Homework: Mechanistic vs. Data-Driven Classification¶

Question¶

You've seen two ways to analyze growth curves. In Lecture 10, you extracted features from time-series and trained neural networks. In Lecture 11, you fit the logistic growth model (derived from the CRN $S + X \xrightarrow{k} 2X$) to extract parameters $k$, $S_0$, and $X_0$. Which works better for predicting toxicity? Can combining them help?


Dataset¶

Use the same dataset as the lectures: isolate-growth-curves.csv from Figshare with bacterial growth under chemical stress.


Problem 1: Extract Mechanistic Features¶

Fit the logistic growth model to every curve in the dataset. Recall from Lecture 11, starting from the CRN:

$$S + X \xrightarrow{k} 2X$$

with conservation $S + X = S_0 + X_0$, you get:

$$\frac{dX}{dt} = kX(S_0 + X_0 - X)$$

The solution is:

$$X(t) = \frac{K}{1 + \left(\frac{K}{X_0} - 1\right)e^{-kKt}}$$

where $K = S_0 + X_0$.

Extract the three CRN parameters for each curve: $k$ (rate constant), $S_0$ (initial substrate), and $X_0$ (initial cells). Note that you'll actually fit the model using some initial guesses and optimization (as in Lecture 11).

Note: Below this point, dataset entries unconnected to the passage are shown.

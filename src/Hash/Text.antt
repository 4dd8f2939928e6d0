-- ===== src/Hash/Text.antt =====
-- hash_key_string of src/munged/hash.c.
use munge.Prelude.{ℕ, ◌%◌, ◌^◌, ◌≡◌, refl, ◌∙◌, arith, List, [], ◌∷◌, ◌++◌}
use munge.Hash.{turn, key_string, key_string_from}

-- One turn shifts by five bits: what agreed in the low bits agrees in five bits more.
turn_5 : (h k p : ℕ) → turn h p % 2 ^ 5 ≡ turn k p % 2 ^ 5
unfolding turn
turn_5 h k p = omega arith

turn_10 : (h k p : ℕ) → h % 2 ^ 5 ≡ k % 2 ^ 5 → turn h p % 2 ^ 10 ≡ turn k p % 2 ^ 10
unfolding turn
turn_10 h k p e = omega arith

turn_15 : (h k p : ℕ) → h % 2 ^ 10 ≡ k % 2 ^ 10 → turn h p % 2 ^ 15 ≡ turn k p % 2 ^ 15
unfolding turn
turn_15 h k p e = omega arith

turn_20 : (h k p : ℕ) → h % 2 ^ 15 ≡ k % 2 ^ 15 → turn h p % 2 ^ 20 ≡ turn k p % 2 ^ 20
unfolding turn
turn_20 h k p e = omega arith

turn_25 : (h k p : ℕ) → h % 2 ^ 20 ≡ k % 2 ^ 20 → turn h p % 2 ^ 25 ≡ turn k p % 2 ^ 25
unfolding turn
turn_25 h k p e = omega arith

turn_30 : (h k p : ℕ) → h % 2 ^ 25 ≡ k % 2 ^ 25 → turn h p % 2 ^ 30 ≡ turn k p % 2 ^ 30
unfolding turn
turn_30 h k p e = omega arith

turn_all : (h k p : ℕ) → h % 2 ^ 30 ≡ k % 2 ^ 30 → turn h p ≡ turn k p
unfolding turn
turn_all h k p e = omega arith

-- Seven turns forget where they began.
turns_forget :
    (h k a b c d e f g : ℕ)
    → turn (turn (turn (turn (turn (turn (turn h a) b) c) d) e) f) g
      ≡ turn (turn (turn (turn (turn (turn (turn k a) b) c) d) e) f) g
turns_forget h k a b c d e f g =
    turn_all _ _ g
      (turn_30 _ _ f (turn_25 _ _ e (turn_20 _ _ d (turn_15 _ _ c (turn_10 _ _ b (turn_5 h k a))))))

key_string_from-append :
    (h : ℕ) (s t : List ℕ) → key_string_from h (s ++ t) ≡ key_string_from (key_string_from h s) t
unfolding key_string_from
key_string_from-append h [] t = refl
key_string_from-append h (c ∷ s) t = key_string_from-append (turn h c) s t

-- `hash_key_string` multiplies by 32, not by its `multiplier` 31, so only the last seven characters
-- of a string count: whatever stands before them, the hash value is the same.
pub key_string_forgets :
    (s : List ℕ) (a b c d e f g : ℕ)
    → let last = a ∷ b ∷ c ∷ d ∷ e ∷ f ∷ g ∷ [] in key_string (s ++ last) ≡ key_string last
unfolding key_string
key_string_forgets s a b c d e f g =
    key_string_from-append 0 s (a ∷ b ∷ c ∷ d ∷ e ∷ f ∷ g ∷ []) ∙ last_turns (key_string_from 0 s)
  where
    last_turns :
        (h : ℕ)
        → key_string_from h (a ∷ b ∷ c ∷ d ∷ e ∷ f ∷ g ∷ [])
          ≡ key_string_from 0 (a ∷ b ∷ c ∷ d ∷ e ∷ f ∷ g ∷ [])
    last_turns h = turns_forget h 0 a b c d e f g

Go through all growth curves in the dataset and fit the logistic model. Some fits will fail (numerical issues, weird curves, etc.). Just skip those curves and move on. Save the successfully fitted parameters to a file called mechanistic_features.csv with columns for strain, chemical, replicate, k, S0, X0, and inhibited.

Plot 6 example fits showing both the data points and the fitted curve. Pick 3 control curves and 3 treated curves to show the difference.

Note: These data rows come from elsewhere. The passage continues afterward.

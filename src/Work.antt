-- ===== src/Work.antt =====
-- src/munged/work.c: the work crew. The elements of the queue are in a store, and a pointer is `none` or
-- an address. Where `log_errno` ends the daemon, the answer is `died`.
pub mod Chains
pub mod Threads
pub mod Progress
pub mod Signals
pub mod Fair
pub mod Waking
mod Runs
use munge.Prelude.{
  ℕ, suc, ◌+◌, ◌-◌, ◌==◌, ◌&&◌, ltb, not, Bool, true, false, Option, none, some, if◌then◌else◌,
}

-- `struct work_arg`
pub record Element {ℓ} (W : Type ℓ) : Type ℓ where
  pub next : Option ℕ
  pub arg : W

abbrev pub Store {ℓ} : Type ℓ → Type ℓ
Store W = ℕ → Option (Element W)

pub record Queue {ℓ} (W : Type ℓ) : Type ℓ where
  pub store : Store W
  pub work_head : Option ℕ
  pub work_tail : Option ℕ

unfoldable pub put {ℓ} : {W : Type ℓ} → Store W → ℕ → Option (Element W) → Store W
put st a e b = if a == b then e else st b

-- `p->next = a`
unfoldable pub link {ℓ} : {W : Type ℓ} → Store W → ℕ → ℕ → Option (Element W) → Store W
link st p a none = st
link st p a (some e) = put st p (some (record e { next = some a }))

unfoldable pub enqueue_at {ℓ} : {W : Type ℓ} → Queue W → ℕ → Store W → Option ℕ → Queue W
enqueue_at q a st none = record { store = st; work_head = some a; work_tail = some a }
enqueue_at q a st (some p) = record {
  store = link st p a (st p);
  work_head = q.work_head;
  work_tail = some a;
}

-- `_work_enqueue` of an element that is not null, at the address that `malloc` gave.
unfoldable pub enqueue {ℓ} : {W : Type ℓ} → Queue W → ℕ → W → Queue W
enqueue q a w = enqueue_at q a (put q.store a (some (record { next = none; arg = w }))) q.work_tail

unfoldable pub dequeue_element {ℓ} :
    {W : Type ℓ} → Queue W → ℕ → Option (Element W) → Option (W × Queue W)
dequeue_element q a none = none
dequeue_element q a (some e) = some (
  e.arg,
  record {
    store = put q.store a none;
    work_head = e.next;
    work_tail = elim (e.next) [ none ↦ none | some b ↦ q.work_tail ];
  },
)

-- `_work_dequeue`; also `none` for a head without an element, which C does not define.
unfoldable pub dequeue_from {ℓ} : {W : Type ℓ} → Queue W → Option ℕ → Option (W × Queue W)
dequeue_from q none = none
dequeue_from q (some a) = dequeue_element q a (q.store a)

unfoldable pub dequeue {ℓ} : {W : Type ℓ} → Queue W → Option (W × Queue W)
dequeue q = dequeue_from q q.work_head

-- `struct work` without the thread primitives.
pub record Crew {ℓ} (W : Type ℓ) : Type ℓ where
  pub queue : Queue W
  pub n_workers : ℕ
  pub n_working : ℕ
  pub got_fini : Bool

-- `work_init`: `none` for a crew without workers.
unfoldable pub init {ℓ} : {W : Type ℓ} → ℕ → Option (Crew W)
init n_threads =
    if n_threads == 0
    then none
    else some (record {
      queue = record { store = λ a. none; work_head = none; work_tail = none };
      n_workers = n_threads;
      n_working = 0;
      got_fini = false;
    })

-- The answer of `work_queue`; a queued element comes with whether an idle worker is signalled.
pub data Answer {ℓ} (W : Type ℓ) : Type ℓ where
  died einval eperm : Answer W
  queued : Bool → Crew W → Answer W

unfoldable pub queue_at {ℓ} : {W : Type ℓ} → Crew W → W → Option ℕ → Answer W
queue_at c w none = died
queue_at c w (some a) =
    queued (ltb c.n_working c.n_workers) (record c { queue = enqueue c.queue a w })

-- `work_queue`; the address is what `malloc` answers, and null work is `none`.
unfoldable pub work_queue {ℓ} : {W : Type ℓ} → Crew W → Option ℕ → Option W → Answer W
work_queue c mem none = einval
work_queue c mem (some w) = if c.got_fini then eperm else queue_at c w mem

-- `_work_exec` up to the call of the work function, for a worker that finds work in the queue.
unfoldable pub take_work {ℓ} : {W : Type ℓ} → Crew W → Option (W × Crew W)
take_work c = elim (dequeue c.queue) [
  | none ↦ none
  | some (w, q) ↦ some (w, record c { queue = q; n_working = suc c.n_working })
]

-- `_work_exec` behind the call, with whether the end of the work is signalled.
unfoldable pub is_null : Option ℕ → Bool
is_null none = true
is_null (some a) = false

unfoldable pub end_work {ℓ} : {W : Type ℓ} → Crew W → Bool × Crew W
end_work c =
    let n = c.n_working - 1 in (n == 0 && is_null c.queue.work_head, record c { n_working = n })

-- The condition under which `work_wait` and `work_fini` go on waiting.
unfoldable pub waits {ℓ} : {W : Type ℓ} → Crew W → Bool
waits c = not (c.n_working == 0) && not (is_null c.queue.work_head)

-- The first part of `work_fini`.
unfoldable pub refuse_work {ℓ} : {W : Type ℓ} → Crew W → Crew W
refuse_work c = record c { got_fini = true }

Report how many curves you fitted successfully and how many failed.


Problem 2: Compare Three Approaches¶

Build three binary classifiers to predict whether bacteria are inhibited by a chemical. Use the same train/test split (80/20, random_state=42) for all three approaches so the comparison is fair. Use a neural network classifier with the same architecture for all three.

2.1 Mechanistic Features Only¶

Use only the three CRN parameters as features: $k$, $S_0$, $X_0$. Train a neural network classifier (use the same architecture as in Lecture 10: input → 16 neurons (ReLU) → 8 neurons (ReLU) → 1 output (sigmoid)).

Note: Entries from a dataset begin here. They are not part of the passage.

-- ===== src/Job/Accept.antt =====
-- job_accept of src/munged/job.c: one turn of its loop at a time. What the system answers in a turn is
-- a record. Work is queued for the workers of src/munged/work.c, and waiting for them (work_wait) is
-- theirs.
use munge.Prelude.{
  ℕ, ◌+◌, ◌==◌, ◌||◌, ltb, List, [], ◌∷◌, Bool, not, Option, none, some, if◌then◌else◌,
}
use munge.Work.{Crew, Answer, died, einval, eperm, queued, work_queue, refuse_work}

abbrev pub log_limit_secs : ℕ
log_limit_secs = 60

-- `accept`: a descriptor; ECONNABORTED or EINTR; EMFILE, ENFILE, ENOBUFS or ENOMEM; another error.
pub data Accepted : Type 0 where
  accepted : ℕ → Accepted
  interrupted : Accepted
  exhausted : ℕ → Accepted
  failed : Accepted

pub record Turn : Type 0 where
  pub got_reconfig : Bool
  pub accept : Accepted
  pub time : Option ℕ
  pub nonblocking : Bool
  pub memory : Bool
  pub element : Option ℕ

-- The variables of `job_accept`, with the descriptors that were closed, the updates of the group map
-- that were asked for, and the errors that were logged with their times, the newest first.
pub record Loop : Type 0 where
  pub crew : Crew ℕ
  pub last_log_errno : ℕ
  pub last_log_time : ℕ
  pub closed : List ℕ
  pub updates : ℕ
  pub logged : List (ℕ × ℕ)

unfoldable pub close : ℕ → Loop → Loop
close sd l = record l { closed = sd ∷ l.closed }

-- `gids_update` is called for a SIGHUP.
unfoldable pub reconfigure : Bool → Loop → Loop
reconfigure got_reconfig l = if got_reconfig then record l { updates = l.updates + 1 } else l

unfoldable pub keep_queued : ℕ → Loop → Answer ℕ → Option Loop
keep_queued sd l died = none
keep_queued sd l einval = some (close sd l)
keep_queued sd l eperm = some (close sd l)
keep_queued sd l (queued signalled c) = some (record l { crew = c })

-- A connection is queued, or closed. `m_msg_bind` does not fail.
unfoldable pub admit : Turn → ℕ → Loop → Option Loop
admit t sd l =
    if not t.nonblocking || not t.memory
    then some (close sd l)
    else keep_queued sd l (work_queue l.crew t.element (some sd))

unfoldable pub log_exhausted : ℕ → ℕ → Loop → Loop
log_exhausted errno now l =
    if ltb (l.last_log_time + log_limit_secs) now || not (errno == l.last_log_errno)
    then record l { last_log_errno = errno; last_log_time = now; logged = (errno, now) ∷ l.logged }
    else l

unfoldable pub at_time : ℕ → Loop → Option ℕ → Option Loop
at_time errno l none = none
at_time errno l (some now) = some (log_exhausted errno now l)

unfoldable pub take_connection : Turn → Loop → Accepted → Option Loop
take_connection t l (accepted sd) = admit t sd l
take_connection t l interrupted = some l
take_connection t l (exhausted errno) = at_time errno l t.time
take_connection t l failed = none

-- One turn; `none` where `log_errno` ends the daemon.
unfoldable pub take_turn : Turn → Loop → Option Loop
take_turn t l = take_connection t (reconfigure t.got_reconfig l) t.accept

unfoldable pub then_serve : Option Loop → (Loop → Option Loop) → Option Loop
then_serve none f = none
then_serve (some l) f = f l

-- `job_accept`: the turns until a signal ends it, then `work_fini`, which refuses more work.
unfoldable pub job_accept : List Turn → Loop → Option Loop
job_accept [] l = some (record l { crew = refuse_work l.crew })
job_accept (t ∷ ts) l = then_serve (take_turn t l) (λ m. job_accept ts m)
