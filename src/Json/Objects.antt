-- ===== src/Json/Objects.antt =====
-- An object that is built key by key holds what was put under each key.
use zhuzhbox_cli.Base.{
  ℕ, suc, ◌≤◌, ◌≡◌, ◌∙◌, refl, Bool, true, not, ◌&&◌, Option, none, some, List, [], ◌∷◌,
  if◌then◌else◌, Bytes, str_eq, str_eq_iff, arith, Bool-cases, inl, inr, subst,
}
use zhuzhbox_cli.Base.Int.{ℤ, pos, negsuc}
use zhuzhbox_cli.Json.{
  CJson, CJsonLaws, max_exact_int, number_to_i64, json_get, json_as_u64, json_new_string,
}

-- An integer that a double holds exactly.
abbrev pub IsExact : ℤ → Type 0
IsExact (pos n) = n ≤ max_exact_int
IsExact (negsuc n) = suc n ≤ max_exact_int

module _ (c : CJson) where
  abbrev pub Items : Type 0
  Items = List (Bytes × c.Node)

  -- The object after each item is added in turn.
  abbrev pub build : c.Node → Items → c.Node
  build o [] = o
  build o ((k, v) ∷ fs) = build (c.add_item_to_object o k v) fs

  abbrev pub item : Items → Bytes → Option c.Node
  item [] key = none
  item ((k, v) ∷ fs) key = if str_eq k key then some v else item fs key

  abbrev pub fresh_key : Items → Bytes → Bool
  fresh_key [] key = true
  fresh_key ((k, v) ∷ fs) key = not (str_eq k key) && fresh_key fs key

  -- No key is written twice.
  abbrev pub distinct_keys : Items → Bool
  distinct_keys [] = true
  distinct_keys ((k, v) ∷ fs) = fresh_key fs k && distinct_keys fs

module _ (c : CJson) (laws : CJsonLaws c) where
  pub is_object-build :
      (o : c.Node) (fs : Items c) → c.is_object o ≡ true → c.is_object (build c o fs) ≡ true
  is_object-build o [] h = h
  is_object-build o ((k, v) ∷ fs) h =
      is_object-build (c.add_item_to_object o k v) fs (laws.is_object-add o k v h)

  get_item-build_fresh :
      (o : c.Node) (fs : Items c) (key : Bytes)
      → fresh_key c fs key ≡ true
      → c.get_item (build c o fs) key ≡ c.get_item o key
  get_item-build_fresh o [] key h = refl
  get_item-build_fresh o ((k, v) ∷ fs) key h =
      get_item-build_fresh (c.add_item_to_object o k v) fs key (ground arith)
      ∙ laws.get_item-add_other o k key v (ground arith)

  -- What an object of distinct keys answers.
  get_item-build_onto :
      (o : c.Node) (fs : Items c) (key : Bytes)
      → c.is_object o ≡ true
      → c.get_item o key ≡ none
      → distinct_keys c fs ≡ true
      → c.get_item (build c o fs) key ≡ item c fs key
  get_item-build_onto o [] key h e d = e
  get_item-build_onto o ((k, v) ∷ fs) key h e d = elim (Bool-cases (str_eq k key)) [
    | inl same ↦
        let k-key : k ≡ key = (str_eq_iff k key).0 same in
        rw same (
          subst
            (λ l.
              c.get_item o l ≡ none
              → fresh_key c fs k ≡ true
              → c.get_item (build c (c.add_item_to_object o k v) fs) l ≡ some v)
            k-key
            (λ e' f.
              get_item-build_fresh (c.add_item_to_object o k v) fs k f
              ∙ laws.get_item-add_self o k v h e')
            e (ground arith))
    | inr other ↦ rw other (
        get_item-build_onto (c.add_item_to_object o k v) fs key (laws.is_object-add o k v h)
          (laws.get_item-add_other o k key v other ∙ e) (ground arith))
  ]

  pub get_item-build :
      (fs : Items c) (key : Bytes)
      → distinct_keys c fs ≡ true
      → json_get c (some (build c c.create_object fs)) key ≡ item c fs key
  unfolding json_get
  get_item-build fs key d = rw (is_object-build c.create_object fs laws.is_object-create) (
      get_item-build_onto c.create_object fs key laws.is_object-create (laws.get_item-create key) d)

  pub string_value-json_new_string : (s : Option Bytes) → c.string_value (json_new_string c s) ≡ s
  unfolding json_new_string
  string_value-json_new_string none = laws.string_value-null
  string_value-json_new_string (some s) = laws.string_value-create s

  pub json_as_u64-create_number :
      (n : ℕ) → n ≤ max_exact_int → json_as_u64 c (some (c.create_number (c.of_u64 n))) ≡ some n
  unfolding json_as_u64
  json_as_u64-create_number n h =
      ground (arith, laws.number_value-create (c.of_u64 n), laws.integral-of_u64 n h)

  pub number_to_i64-of_i64 : (v : ℤ) → IsExact v → number_to_i64 c (c.of_i64 v) ≡ some v
  unfolding number_to_i64
  number_to_i64-of_i64 (pos n) h = ground (arith, laws.integral-of_pos n h)
  number_to_i64-of_i64 (negsuc n) h = ground (arith, laws.integral-of_negsuc n h)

Answer these questions: Which parameter is most important for prediction? Make a scatter plot of $k$ vs $K = S_0 + X_0$ colored by inhibited/resistant. Do inhibited samples cluster in a particular region? What does this tell you biologically about how chemicals affect growth?

2.2 Data-Driven Features Only¶

Use features extracted directly from the time-series, like you did in Lecture 10. You can either use the first 12 hours of OD measurements, or engineer features like max OD, area under curve, slopes at different times, etc.

Use the same neural network architecture as in 2.1 to keep the comparison fair. How does performance compare to the mechanistic approach? What are the trade-offs between these two methods?

2.3 Hybrid¶

Combine CRN parameters and data-driven features into a single feature vector. Train the same neural network architecture.

Does combining both approaches improve performance? If yes, why do you think that is? If no, why not? Which features end up being most important in the hybrid model?

Create a comparison table showing accuracy, precision, recall, and F1 for all three approaches.


Problem 3: Discussion¶

Write 1-2 pages discussing your results.

First, talk about performance. Which approach worked best? Were the differences large or small? Under what circumstances would you choose one approach over another?

Second, discuss the interpretability vs accuracy trade-off. CRN parameters like $k$, $S_0$, and $X_0$ have clear biological meanings tied to the underlying chemistry. You can explain to a biologist exactly what they represent. Data-driven features might predict better, but you can't always explain why they work. For a toxicity screening application, which matters more? Give an example of a scenario where interpretability is critical, and another where raw prediction accuracy is what you need.

Finally, what are the limitations of your analysis? What would you do differently with more time or data? What additional features or measurements would help?


License: © 2025 Matthias Függer and Thomas Nowak. Licensed under CC BY-NC-SA 4.0.